Kubernetes Workload Security

  1. Do you enforce appropriate Pod SecurityContext?

    1. Do you enforce no privileged Pods?
    2. Do you enforce minimum Pod capabilities?
    3. Do you enforce no Pods running as root?
    4. Do you enforce no Pod sysctls?
    5. Do you enforce no hostPath-s?
    6. Do you enforce no nodePort / host network?
  2. Do you enforce no automountServiceAccountToken?

  3. Do you enforce Pod resource limits?

  4. Do you enforce minimum Pod replication?

  5. Do you enforce a read-only Pod file system?

  6. Are all Pods properly labeled?

  7. Are Pod container images pinned to a specific version (i.e., no “latest”)?

  8. Do you use Secrets appropriately?

  9. Do you restrict access to Secrets?

  10. Do you enforce Ingress TLS?

  11. Do you have sufficient and tested NetworkPolicies in place?

  12. Do you use Pod Topology Spread Constraints?

  13. Did you run through other Kubernetes Best Practices?

Kubernetes Development Practices

  1. How is a container image built?

  2. How is a container image deployed into the Kubernetes cluster?

  3. How do you manage Kubernetes resources? (e.g., Helm)

  4. Do you practice GitOps3?

  5. Do you fully separate development from production environments?

  6. Is there a fully separate environment for testing/QA?

Development Environment

Access control

  1. How is access managed to this environment? (Role based, per user etc)

  2. Describe your source control systems and process

Testing/QA Environment

Access control

  1. How is access managed to this environment? (Role based, per user etc)

Test data

  1. How is test data created/sourced?

  2. Does data come from production data?

    1. If yes, is it anonymised?

Production Environment

Access control

  1. How is access managed to this environment? (Role based, per user etc)

Code/build Deployment

Kubernetes
  1. Describe your pod deployment process

  2. What checks do you carry out on pods at deployment time?

Volume mounts/Data sources
  1. Describe your deployment/update process for data sources.

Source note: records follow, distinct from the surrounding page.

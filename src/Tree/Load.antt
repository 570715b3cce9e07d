-- ===== src/Tree/Load.antt =====
-- shar/core/tree.rs, `SharFile::new` and `add_file`: a file read from disk, character by character.
-- What `read_to_string` gives, a text or the message of its error, is an argument.
pub mod RoundTrip
use shario.Prelude.{ℕ, suc, ◌+◌, ◌%◌, ◌^◌, String, List, [], ◌∷◌, ◌⊎◌, inl, inr, if◌then◌else◌}
use shario.Types.{Result, ok, err, fault, read_fail, PathBuf, Crdt, new_relation}
use shario.Tree.File.{is_line_break, SharFile, root}
use shario.Tree.Insert.{Added, add_crdt}

-- The file with its root sentinel only.
abbrev pub seeded : PathBuf → SharFile
seeded path = record {
  file_path = path;
  characters = (root, new_relation 0 0 0) ∷ [];
  projection = (root ∷ []) ∷ [];
}

-- The node of the next character: ids come from the shared counter, of type u32.
abbrev pub next_id : ℕ → ℕ
next_id counter = (counter + 1) % 2 ^ 32

abbrev pub loaded_crdt : ℕ → ℕ → ℕ → Crdt
loaded_crdt id prev_id c = record { id = id; peer = 0; relation = new_relation c prev_id 0 }

-- The result of an insertion is ignored, but for a panic.
continue {ℓ} : {A : Type ℓ} → Added → (SharFile → Result A) → Result A
continue (f, fault) next = fault
continue (f, ok r) next = next f
continue (f, err e) next = next f

unfoldable pub load_chars : List ℕ → SharFile → ℕ → ℕ → ℕ → Result (SharFile × ℕ)
unfolding continue
load_chars [] f line prev_id counter = ok (f, counter)
load_chars (c ∷ cs) f line prev_id counter =
    continue (add_crdt f line (loaded_crdt (next_id counter) prev_id c)) λ g.
      load_chars cs g (if is_line_break c then line + 1 else line) (next_id counter)
        (next_id counter)

unfoldable pub add_file : PathBuf → List ℕ → ℕ → Result (SharFile × ℕ)
unfolding load_chars
add_file path contents counter = load_chars contents (seeded path) 0 0 counter

unfoldable pub new_file : PathBuf → String ⊎ List ℕ → ℕ → Result (SharFile × ℕ)
unfolding add_file
new_file path (inl message) counter = err (read_fail message)
new_file path (inr contents) counter = add_file path contents counter
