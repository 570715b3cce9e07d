-- ===== src/Tree/Delete.antt =====
-- shar/core/tree.rs, `remove_crdt`: tombstones, and lines merged when their anchor goes.
pub mod Erase
use mathlib.Core.Option
use shario.Prelude.{
  ℕ, zero, suc, ◌+◌, ◌-◌, Bool, true, false, ◌&&◌, ◌||◌, not, Option, none, some, List, [], ◌∷◌,
  ◌++◌, ltb, leb, ◌==◌, if◌then◌else◌, Identity, same, identity_eq, length, get_elem?, take, drop,
  set, insert_at, remove_at,
}
use shario.Types.{
  Error, generic, read_fail, out_of_bounds, error_eq, Result, ok, err, fault, PathBuf, CrdtRelation,
  new_relation, parent_of, Crdt, identity_of,
}
use shario.HashMap
use shario.Tree.File.{is_line_break, Projection, Characters, SharFile, root}
use shario.Tree.Search.{find_crdt}

-- `val.deleted = true`
abbrev pub tombstoned : CrdtRelation → CrdtRelation
tombstoned r = record r { deleted = true }

abbrev pub Removed : Type 0
Removed = SharFile × Result (Option (ℕ × ℕ))

-- A row without its anchor is appended to the row above; row 0 has none above.
unfoldable pub merge_row : SharFile → ℕ → List Identity → Removed
merge_row f row [] = (f, fault)
merge_row f zero (anchor ∷ rest) = (f, fault)
merge_row f (suc above) (anchor ∷ rest) = elim (get_elem? f.projection above) [
  | none ↦ (f, fault)
  | some line ↦ (
    record f { projection = remove_at (suc above) (set f.projection above (line ++ rest)) },
    ok (some (suc above, 0)),
  )
]

unfoldable pub remove_anchor : SharFile → Result (ℕ × ℕ) → Removed
unfolding merge_row
remove_anchor f (err e) = (f, err (generic "anchor not found"))
remove_anchor f fault = (f, fault)
remove_anchor f (ok (row, col)) = elim (get_elem? f.projection row) [
  | none ↦ (f, err (generic "character does not exist to be deleted"))
  | some line ↦ merge_row f row line
]

unfoldable pub remove_cell : SharFile → Result (ℕ × ℕ) → Removed
remove_cell f (err e) = (f, err (generic "crdt not found"))
remove_cell f fault = (f, fault)
remove_cell f (ok (row, col)) = elim (get_elem? f.projection row) [
  | none ↦ (f, fault)
  | some line ↦
      if ltb col (length line)
      then (
        record f { projection = set f.projection row (remove_at col line) },
        ok (some (row, col)),
      )
      else (f, fault)
]

unfoldable pub with_tombstone : SharFile → Identity → SharFile
with_tombstone f k = record f { characters = HashMap.modify k tombstoned f.characters }

unfoldable pub remove_crdt : SharFile → ℕ → Identity → Removed
unfolding with_tombstone remove_anchor remove_cell
remove_crdt f line_num k = elim (HashMap.get k f.characters) [
  | none ↦ (f, err (generic "crdt cannot be found"))
  | some val ↦
      if val.deleted
      then (f, ok none)
      else if is_line_break val.value
      then remove_anchor (with_tombstone f k) (find_crdt (with_tombstone f k) line_num k)
      else remove_cell (with_tombstone f k) (find_crdt (with_tombstone f k) line_num k)
]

  2. Is your data persistence layer built using the Infrastructure as code paradigm?

  3. Is your data persistence layer version controlled?

Permissions

Automated/manual system

Kubernetes Operational Practices

Health Checks

  1. Do you maintain KPIs for determining if your Kubernetes cluster is working well? (e.g., USE: utilization, saturation, errors)

  2. Do you have relevant alerts in place?

  3. Do you have alerts for “slowly filling and getting full”? (e.g., disk space)

  4. Do you require Liveness, Readiness and Startup Probes?

Operational Logging and Alerts

  1. Do you have relevant alerts in place?

  2. Do you have a defined process for handling alerts?

  3. What is the retention period for these logs?

SLA’s/SLO’s management

  1. Do you maintain KPIs for determining if your users are served well? (e.g., daily active users, log-ins per day, registrations per day)

  2. Do you maintain KPIs for determining if your application is working well? (e.g., RED: request rate, error rate, duration)

Path to resolution

Describe the chain of events from an alert/issue raised to resolution

Security Logging and Alerts

  1. Do you have relevant alerts in place?

  2. Do you have a defined process for handling alerts?

  3. What is the retention period for these logs?

Triage

  1. Do you have processes and systems in place for evaluating security incidents? (Info, Low, Medium, High, Critical)

  2. Do you have processes and systems in place for informing/alerting external shareholders of relevant incidents? (Data leaks, System availability etc)

Path to resolution

Describe the chain of events from an alert/issue raised to resolution

Notes

Footnotes

  1. By “tamper-proof” it is understood that a person gaining (authorized or unauthorized access) to the production Kubernetes cluster cannot modify or delete existing log entries.

  2. https://en.wikipedia.org/wiki/HTTP_Strict_Transport_Security

  3. By “GitOps” we mean that all system changes (except in “break glass” scenarios) need to be performed via git commits.